● DATA FOR THIS EXERCISE
________________________
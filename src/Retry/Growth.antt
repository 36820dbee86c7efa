-- ===== src/Retry/Growth.antt =====
-- Without jitter, delays grow up to the cap.
use rabbitmq_pika_adapter.Prelude.{
  ℕ, zero, suc, ◌-◌, ◌≡◌, refl, sym, ◌∙◌, false, Option, none, some, arith, Bool-cases, inl, inr,
}
use rabbitmq_pika_adapter.Retry.Floats.{Seconds, Laws, le, min_of}
use rabbitmq_pika_adapter.Retry.{RetryPolicy, backoff, delay_for_attempt, jittered, capped}
use rabbitmq_pika_adapter.Retry.Delay.{IsSound, backoff-Within}

module _ (s : Seconds) (laws : Laws s) where
  min_of_mono : (m b c : s.T) → le s b c → le s (min_of s m b) (min_of s m c)
  min_of_mono m b c h = elim (Bool-cases (s.ltb b m)) [
    | inl b_small ↦ elim (Bool-cases (s.ltb c m)) [
      | inl c_small ↦ rw (b_small, c_small) h
      | inr c_large ↦ rw (b_small, c_large) (laws.le_of_lt b m b_small)
    ]
    | inr b_large ↦
        let c_large : s.ltb c m ≡ false = laws.le_trans m b c b_large h in
        rw (b_large, c_large) (laws.le_refl m)
  ]

  capped_mono :
      (p : RetryPolicy s) (x y : Option s.T) {d d' : s.T}
      → le s s.nought p.base_delay
      → ((q r : s.T) → x ≡ some q → y ≡ some r → le s q r)
      → capped s p x ≡ some d
      → capped s p y ≡ some d'
      → le s d d'
  capped_mono p none y base grows e e' = cc
  capped_mono p (some q) none base grows e e' = cc
  capped_mono p (some q) (some r) {d} {d'} base grows e e' =
      let same : min_of s p.max_delay (s.mul p.base_delay q) ≡ d = cc in
      let same' : min_of s p.max_delay (s.mul p.base_delay r) ≡ d' = cc in
      rw (← same, ← same')
        (min_of_mono p.max_delay _ _ (laws.mul_mono p.base_delay q r base (grows q r refl refl)))

  backoff_later :
      (p : RetryPolicy s) (n : ℕ) → backoff s p (suc (suc n)) ≡ capped s p (s.pow p.multiplier n)
  unfolding backoff
  backoff_later p n = let exponent : suc (suc n) - 2 ≡ n = omega arith in rw exponent (ground arith)

  backoff_mono :
      (p : RetryPolicy s) (attempt : ℕ) {d d' : s.T}
      → IsSound s laws p
      → le s s.one p.multiplier
      → backoff s p attempt ≡ some d
      → backoff s p (suc attempt) ≡ some d'
      → le s d d'
  unfolding backoff
  backoff_mono p zero {d} {d'} sound grows e e' =
      let same : s.nought ≡ d = cc in rw (← same) (backoff-Within s laws p 1 sound e').0
  backoff_mono p (suc zero) {d} {d'} sound grows e e' =
      let same : s.nought ≡ d = cc in rw (← same) (backoff-Within s laws p 2 sound e').0
  backoff_mono p (suc (suc n)) {d} {d'} sound grows e e' =
      capped_mono p (s.pow p.multiplier n) (s.pow p.multiplier (suc n)) sound.base_nonneg
        (λ q r. laws.pow_mono p.multiplier q r n grows) (sym (backoff_later p n) ∙ e)
        (sym (backoff_later p (suc n)) ∙ e')

  jittered-still :
      (p : RetryPolicy s) (b : Option s.T) (uniform : s.T → s.T → s.T) {d : s.T}
      → s.ltb s.nought p.jitter ≡ false
      → jittered s p uniform b ≡ some d
      → b ≡ some d
  jittered-still p none uniform still e = cc
  jittered-still p (some c) uniform still e = ground arith

  -- For a sound policy without jitter and with a multiplier of at least one, given the laws of float
  -- arithmetic, the delay after one more attempt is not below the one before, where neither overflows.
  pub delay_for_attempt_mono :
      (p : RetryPolicy s) (attempt : ℕ) (uniform : s.T → s.T → s.T) {d d' : s.T}
      → IsSound s laws p
      → le s s.one p.multiplier
      → s.ltb s.nought p.jitter ≡ false
      → delay_for_attempt s p attempt uniform ≡ some d
      → delay_for_attempt s p (suc attempt) uniform ≡ some d'
      → le s d d'
  unfolding delay_for_attempt
  delay_for_attempt_mono p attempt uniform sound grows still e e' =
      backoff_mono p attempt sound grows (jittered-still p _ uniform still e)
        (jittered-still p _ uniform still e')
________________________
● WHAT TO PRODUCE
Keeping every line exactly as it is, copy all the records.

● RESULT OF THE TASK
filename src/Retry/Growth.antt
repository 36820dbee86c7efa
-- ===== src/Retry/Growth.antt =====
-- Without jitter, delays grow up to the cap.
use rabbitmq_pika_adapter.Prelude.{
  ℕ, zero, suc, ◌-◌, ◌≡◌, refl, sym, ◌∙◌, false, Option, none, some, arith, Bool-cases, inl, inr,
}
use rabbitmq_pika_adapter.Retry.Floats.{Seconds, Laws, le, min_of}
use rabbitmq_pika_adapter.Retry.{RetryPolicy, backoff, delay_for_attempt, jittered, capped}
use rabbitmq_pika_adapter.Retry.Delay.{IsSound, backoff-Within}

module _ (s : Seconds) (laws : Laws s) where
  min_of_mono : (m b c : s.T) → le s b c → le s (min_of s m b) (min_of s m c)
  min_of_mono m b c h = elim (Bool-cases (s.ltb b m)) [
    | inl b_small ↦ elim (Bool-cases (s.ltb c m)) [
      | inl c_small ↦ rw (b_small, c_small) h
      | inr c_large ↦ rw (b_small, c_large) (laws.le_of_lt b m b_small)
    ]
    | inr b_large ↦
        let c_large : s.ltb c m ≡ false = laws.le_trans m b c b_large h in
        rw (b_large, c_large) (laws.le_refl m)
  ]

  capped_mono :
      (p : RetryPolicy s) (x y : Option s.T) {d d' : s.T}
      → le s s.nought p.base_delay
      → ((q r : s.T) → x ≡ some q → y ≡ some r → le s q r)
      → capped s p x ≡ some d
      → capped s p y ≡ some d'
      → le s d d'
  capped_mono p none y base grows e e' = cc
  capped_mono p (some q) none base grows e e' = cc
  capped_mono p (some q) (some r) {d} {d'} base grows e e' =
      let same : min_of s p.max_delay (s.mul p.base_delay q) ≡ d = cc in
      let same' : min_of s p.max_delay (s.mul p.base_delay r) ≡ d' = cc in
      rw (← same, ← same')
        (min_of_mono p.max_delay _ _ (laws.mul_mono p.base_delay q r base (grows q r refl refl)))

  backoff_later :
      (p : RetryPolicy s) (n : ℕ) → backoff s p (suc (suc n)) ≡ capped s p (s.pow p.multiplier n)
  unfolding backoff
  backoff_later p n = let exponent : suc (suc n) - 2 ≡ n = omega arith in rw exponent (ground arith)

  backoff_mono :
      (p : RetryPolicy s) (attempt : ℕ) {d d' : s.T}
      → IsSound s laws p
      → le s s.one p.multiplier
      → backoff s p attempt ≡ some d
      → backoff s p (suc attempt) ≡ some d'
      → le s d d'
  unfolding backoff
  backoff_mono p zero {d} {d'} sound grows e e' =
      let same : s.nought ≡ d = cc in rw (← same) (backoff-Within s laws p 1 sound e').0
  backoff_mono p (suc zero) {d} {d'} sound grows e e' =
      let same : s.nought ≡ d = cc in rw (← same) (backoff-Within s laws p 2 sound e').0
  backoff_mono p (suc (suc n)) {d} {d'} sound grows e e' =
      capped_mono p (s.pow p.multiplier n) (s.pow p.multiplier (suc n)) sound.base_nonneg
        (λ q r. laws.pow_mono p.multiplier q r n grows) (sym (backoff_later p n) ∙ e)
        (sym (backoff_later p (suc n)) ∙ e')

  jittered-still :
      (p : RetryPolicy s) (b : Option s.T) (uniform : s.T → s.T → s.T) {d : s.T}
      → s.ltb s.nought p.jitter ≡ false
      → jittered s p uniform b ≡ some d
      → b ≡ some d
  jittered-still p none uniform still e = cc
  jittered-still p (some c) uniform still e = ground arith

  -- For a sound policy without jitter and with a multiplier of at least one, given the laws of float
  -- arithmetic, the delay after one more attempt is not below the one before, where neither overflows.
  pub delay_for_attempt_mono :
      (p : RetryPolicy s) (attempt : ℕ) (uniform : s.T → s.T → s.T) {d d' : s.T}
      → IsSound s laws p
      → le s s.one p.multiplier
      → s.ltb s.nought p.jitter ≡ false
      → delay_for_attempt s p attempt uniform ≡ some d
      → delay_for_attempt s p (suc attempt) uniform ≡ some d'
      → le s d d'
  unfolding delay_for_attempt
  delay_for_attempt_mono p attempt uniform sound grows still e e' =
      backoff_mono p attempt sound grows (jittered-still p _ uniform still e)
        (jittered-still p _ uniform still e')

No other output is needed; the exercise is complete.